Question

How to pass multiple seq_start and seq_stop statements to NCBI efetch

0

Entering edit mode

7.6 years ago

massa.kassa.sc3na ▴ 590

Hi,
I wasn't able to find anywhere how to pass several seq_start and seq_stop optional arguments to list of queries for NCBI efetch.
See this:
https://eutils.ncbi.nlm.nih.gov/entrez/eutils/efetch.fcgi? db=nuccore&id=433294648rettype=fasta&seq_start=100&seq_stop=200
server ansver: >gb|CP003078.1|:100-200 Mycobacterium sp. JS623, complete genome GGGTCGCAGCCGTATCGCCACGTTCGGGCGACTGTTCGAGGGTACTGACGACATTTCGCTGGGTCAAACC TCGCCCGAGCGATCCCGGGTCACCGCCCGCA
And now multiple queries:
https://eutils.ncbi.nlm.nih.gov/entrez/eutils/efetch.fcgi? db=nuccore&id=433294648,755160968&rettype=fasta
Server ansver: 2 fasta whole records in one file in a blink of an eye.

Question: Does anybody know, if it is possible, and if so, than how to combine those to obtain 1 short fasta record per UID posted, determined by seq_start & seq_stop arguments? So the server answer to something like:
https://eutils.ncbi.nlm.nih.gov/entrez/eutils/efetch.fcgi? db=nuccore&id=433294648,755160968&rettype=fasta&seq_start=100,200&seq_stop=200,500
would be:
>gb|xxxxxxxx.x|:100-200 orgn x GGGTCGCAGCCGTATCGCCACGTTCGGGCGACTGTTCGAGGGTACTGACGACATTTCGCTGGGTCAAACC TCGCCCGAGCGATCCCGGGTCACCGCCCGCA >gb|yyyyyyyy.y|:200-500 orgn y GGGTCGCAGCCGTATCGCCACGTTCGGGCGACTGTTCGAGGGTACTGACGACATTTCGCTGGGTCAAACC TCGCCCGAGCGATCCCGGGTCACCGCCCGCA
What I'have tried so far is comma-separated list of seq_start&stop, putting it into [], add +AND+, add semicolon, anything I could thing of.
I know how to solve this in for-loop but it would help me a lot, if I could do this in 'batch' mode.

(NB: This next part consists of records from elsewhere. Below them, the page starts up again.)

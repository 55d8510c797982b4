-- ===== src/Chksum/Pseudo.antt =====
-- The checksums with a pseudo header, as TCP and UDP use them.
use my_lwip_poc.Base.{
  ℕ, suc, zero, ◌+◌, ◌-◌, ◌/◌, ◌%◌, ◌≤◌, ◌<◌, ◌≡◌, refl, Bool, false, List, [], ◌∷◌, ◌++◌, arith,
  length, ap, append_assoc, append-nil, inl, inr, ltb, Bool-cases, All, ◌∙◌, some, none, take,
  take-length, take-append_ge, take-append_le, All-take, ltb→lt, ltb→le, lt→ltb, le→ltb, take-nil,
  length-take, Option,
}
use mathlib.Core.Option
use mathlib.Core.Option.{some-injective}
use my_lwip_poc.Base.Word.{u16_mod, u32_mod, sub16, add32}
use my_lwip_poc.Def.{lwip_htons}
use my_lwip_poc.Chksum.{
  Segment, fold_u32, standard_chksum, chksum_step, chksum_chain, unswap, complement16, add_pseudo,
  finish, inet_chksum_pseudo, chksum_partial, inet_chksum_pseudo_partial,
}
use my_lwip_poc.Chksum.Spec.{
  le_sum, ones, ones-add, ones-mod_u16, ones-lt, fold-fold, swap_bytes-swap_bytes, fold_u32-ones,
}
use my_lwip_poc.Chksum.Standard.{standard_chksum-ones}
use my_lwip_poc.Chksum.Chain.{
  IsSum, IsSum-step, IsSum-chain, IsSum-nil, unswap-ones, bytes_of, IsPayload,
}

-- The pseudo header as it would stand in memory, twelve bytes.
abbrev pub pseudo_header : (src dest proto proto_len : ℕ) → List ℕ
pseudo_header src dest proto proto_len =
    src % 256
    ∷ src / 256 % 256
    ∷ src / 65536 % 256
    ∷ src / 16777216
    ∷ dest % 256
    ∷ dest / 256 % 256
    ∷ dest / 65536 % 256
    ∷ dest / 16777216
    ∷ 0
    ∷ proto
    ∷ proto_len / 256
    ∷ proto_len % 256
    ∷ []

module _ (src dest proto proto_len : ℕ) (hs : src < u32_mod) (hd : dest < u32_mod)
    (hp : proto < 256) (hl : proto_len < u16_mod) where
  -- What the pseudo header adds.
  header_sum : ℕ
  header_sum = le_sum (pseudo_header src dest proto proto_len)

  add_pseudo-header_sum :
      (acc : ℕ) → acc < u16_mod → add_pseudo acc src dest proto proto_len ≡ acc + header_sum
  unfolding add_pseudo lwip_htons header_sum
  add_pseudo-header_sum acc h = omega arith

  header_sum-lt : header_sum < 0x80000
  unfolding header_sum
  header_sum-lt = omega arith

  le_sum-header :
      (xs : List ℕ) → le_sum xs + header_sum ≡ le_sum (pseudo_header src dest proto proto_len ++ xs)
  unfolding header_sum
  le_sum-header xs = omega arith

  finish-ones :
      (xs : List ℕ)
      → finish (add_pseudo (ones (le_sum xs)) src dest proto proto_len)
        ≡ complement16 (ones (le_sum (pseudo_header src dest proto proto_len ++ xs)))
  unfolding finish
  finish-ones xs =
      rw
        (
          add_pseudo-header_sum (ones (le_sum xs)) (ones-lt (le_sum xs)),
          fold-fold (ones (le_sum xs) + header_sum)
              (omega (arith, ones-lt (le_sum xs), header_sum-lt)),
          ones-add (le_sum xs) header_sum,
        )
        (ap complement16 (ones-mod_u16 _ _ (le_sum-header xs)))

  -- The checksum of a pbuf chain with its pseudo header is the complemented ones' complement sum of
  -- the pseudo header and the chain's bytes, laid end to end, whatever the segmentation.
  pub inet_chksum_pseudo-bytes_of :
      (p : List Segment)
      → All IsPayload p
      → inet_chksum_pseudo p src dest proto proto_len
        ≡ complement16 (ones (le_sum (pseudo_header src dest proto proto_len ++ bytes_of p)))
  unfolding inet_chksum_pseudo
  inet_chksum_pseudo-bytes_of p h =
      rw
        (unswap-ones (bytes_of p) (chksum_chain (0, false) p)
          (IsSum-chain [] (0, false) p h IsSum-nil))
        (finish-ones (bytes_of p))

-- Whether the last pbuf counts as swapped does not matter.
unswap-chksum_step :
    (s : ℕ × Bool) (chk l l' : ℕ)
    → fold_u32 (add32 s.0 chk) < u16_mod
    → unswap (chksum_step s chk l) ≡ unswap (chksum_step s chk l')
unfolding unswap chksum_step
unswap-chksum_step s chk l l' h = ground (arith, swap_bytes-swap_bytes (fold_u32 (add32 s.0 chk)) h)

chksum_step-lt :
    (xs ys : List ℕ) (s : ℕ × Bool) (chk : ℕ)
    → chk ≡ ones (le_sum ys)
    → IsSum xs s
    → fold_u32 (add32 s.0 chk) < u16_mod
chksum_step-lt xs ys s chk e v = rw (v.sum, e, fold_u32-ones) (ones-lt _)

chksum_partial-zero : (s : ℕ × Bool) (qs : List Segment) → chksum_partial s 0 qs ≡ some s
unfolding chksum_partial
chksum_partial-zero s [] = refl
chksum_partial-zero s (q ∷ qs) = refl

module _ (s : ℕ × Bool) (q : Segment) (qs : List Segment) (n : ℕ) where
  -- The count ends inside `q`.
  partial_last :
      suc n < length q.payload
      → chksum_partial s (suc n) (q ∷ qs)
        ≡ some (chksum_step s (standard_chksum q.odd (take (suc n) q.payload)) (length q.payload))
  unfolding chksum_partial
  partial_last h =
      let e : sub16 (suc n) (suc n) ≡ 0 = omega arith in
      rw (lt→ltb 0 (suc n) (omega arith), lt→ltb (suc n) (length q.payload) h, e)
        (chksum_partial-zero _ qs)

  -- The count takes all of `q`.
  partial_more :
      length q.payload ≤ suc n
      → suc n < 0x7fff
      → chksum_partial s (suc n) (q ∷ qs)
        ≡ chksum_partial
            (chksum_step s (standard_chksum q.odd q.payload) (length q.payload))
            (suc n - length q.payload)
            qs
  unfolding chksum_partial
  partial_more h b =
      let e : sub16 (suc n) (length q.payload) ≡ suc n - length q.payload = omega arith in
      rw (
        lt→ltb 0 (suc n) (omega arith),
        le→ltb (suc n) (length q.payload) h,
        e,
        lt→ltb (suc n - length q.payload) 0x7fff (omega arith),
        take-length q.payload,
      )

-- The loop sums the first `n` bytes of the chain.
chksum_partial-take :
    (xs : List ℕ) (s : ℕ × Bool) (qs : List Segment) (n : ℕ)
    → All IsPayload qs
    → IsSum xs s
    → n < 0x7fff
    → Option.map unswap (chksum_partial s n qs) ≡ some (ones (le_sum (xs ++ take n (bytes_of qs))))
chksum_partial-take xs s [] n h v b =
    rw (take-nil n, append-nil xs) (unfold chksum_partial in ap some (unswap-ones xs s v))
chksum_partial-take xs s (q ∷ qs) zero h v b =
    rw (chksum_partial-zero, append-nil xs) (ap some (unswap-ones xs s v))
chksum_partial-take xs s (q ∷ qs) (suc n) h v b =
    elim (Bool-cases (ltb (suc n) (length q.payload))) [
      | inl t ↦
          let lt = ltb→lt (suc n) (length q.payload) t in
          let ys : List ℕ = take (suc n) q.payload in
          let chk : standard_chksum q.odd ys ≡ ones (le_sum ys) =
            standard_chksum-ones q.odd ys (All-take (λ b. b < 256) (suc n) q.payload h.0.0)
              (omega (arith, length-take (suc n) q.payload)) in
          rw
            (partial_last s q qs n lt, take-append_le (suc n) q.payload (bytes_of qs) (omega arith))
            (ap some (
              unswap-chksum_step s _ (length q.payload) (length ys) (chksum_step-lt xs ys s _ chk v)
              ∙ unswap-ones (xs ++ ys) _ (IsSum-step xs ys s _ chk v)))
      | inr t ↦
          let le = ltb→le (suc n) (length q.payload) t in
          rw
            (
              partial_more s q qs n le b,
              take-append_ge (suc n) q.payload (bytes_of qs) le,
              ← append_assoc xs q.payload (take (suc n - length q.payload) (bytes_of qs)),
            )
            (chksum_partial-take (xs ++ q.payload) _ qs (suc n - length q.payload) h.1
              (IsSum-step xs q.payload s _
                (standard_chksum-ones q.odd q.payload h.0.0 (omega arith)) v)
              (omega arith))
    ]

-- The partial checksum of a chain covers the pseudo header and the first `chksum_len` bytes, if
-- `chksum_len` is below 0x7fff; the pseudo header still names the full length.
pub inet_chksum_pseudo_partial-take :
    (p : List Segment) (src dest proto proto_len chksum_len : ℕ)
    → src < u32_mod
    → dest < u32_mod
    → proto < 256
    → proto_len < u16_mod
    → All IsPayload p
    → chksum_len < 0x7fff
    → inet_chksum_pseudo_partial p src dest proto proto_len chksum_len
      ≡ some (
          complement16 (
            ones (le_sum (pseudo_header src dest proto proto_len ++ take chksum_len (bytes_of p)))))
unfolding inet_chksum_pseudo_partial
inet_chksum_pseudo_partial-take p src dest proto proto_len chksum_len hs hd hp hl h b =
    go (chksum_partial (0, false) chksum_len p)
      (chksum_partial-take [] (0, false) p chksum_len h IsSum-nil b)
  where
    go :
        (o : Option (ℕ × Bool))
        → Option.map unswap o ≡ some (ones (le_sum (take chksum_len (bytes_of p))))
        → Option.map (λ s. finish (add_pseudo (unswap s) src dest proto proto_len)) o
          ≡ some (
              complement16 (
                ones (
                  le_sum (pseudo_header src dest proto proto_len ++ take chksum_len (bytes_of p)))))
    go none e = cc
    go (some s) e =
        let e' : unswap s ≡ ones (le_sum (take chksum_len (bytes_of p))) = some-injective _ _ e in
        rw e' (
          ap some (finish-ones src dest proto proto_len hs hd hp hl (take chksum_len (bytes_of p))))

Any suggestion would be appreciated. Thanks a lot.

Ps.: I have already asked this here: C: Fetching Genbank Entries For List Of Accession Numbers., but it feels little of topic and question was not elaborated.

sequence NCBI efetch ENTREZ • 2.0k views

ADD COMMENT • link 7.6 years ago by massa.kassa.sc3na ▴ 590

0

Entering edit mode

You can use the Unix e-utils and write a bash script to parse the file to take seq_start and seq_stop values for each line. Sample command would be

efetch -id 433294648 -format fasta -db nucleotide -seq_start 100 -seq_stop 200

PS: NCBI is phasing out GI numbers so it is recommended to use accession numbers instead.

ADD REPLY • link 7.6 years ago by Sej Modha 5.3k

0

Entering edit mode

Hi, Than you for reply. I know that I can do that in a for loop, (and currently doing so); But since I want to fetch relatively short fragments, I want to fetch them all witch one command (reasonable number) to limit the calls to NCBI server. Or am I missing something and this is what the UNIX e-utils would inherently do by itself?

To Ps.: Yes, I know of that, currently it is working with accession, but it is undocumented according to: (http://www.ncbi.nlm.nih.gov/books/NBK25499/)

ADD REPLY • link 7.6 years ago by massa.kassa.sc3na ▴ 590

score 0 · Answer 1 · 2016-09-16

Hi,
so it might be help to anyone in future: after consulting with NCBI Entrez support, it appears that this functionality isn't and will not be supported.
It's a shame. So don't waste your time and for-loop forever.

Good guys wrote:
No that will not be possible. The starts and stops must be singly for the id requested.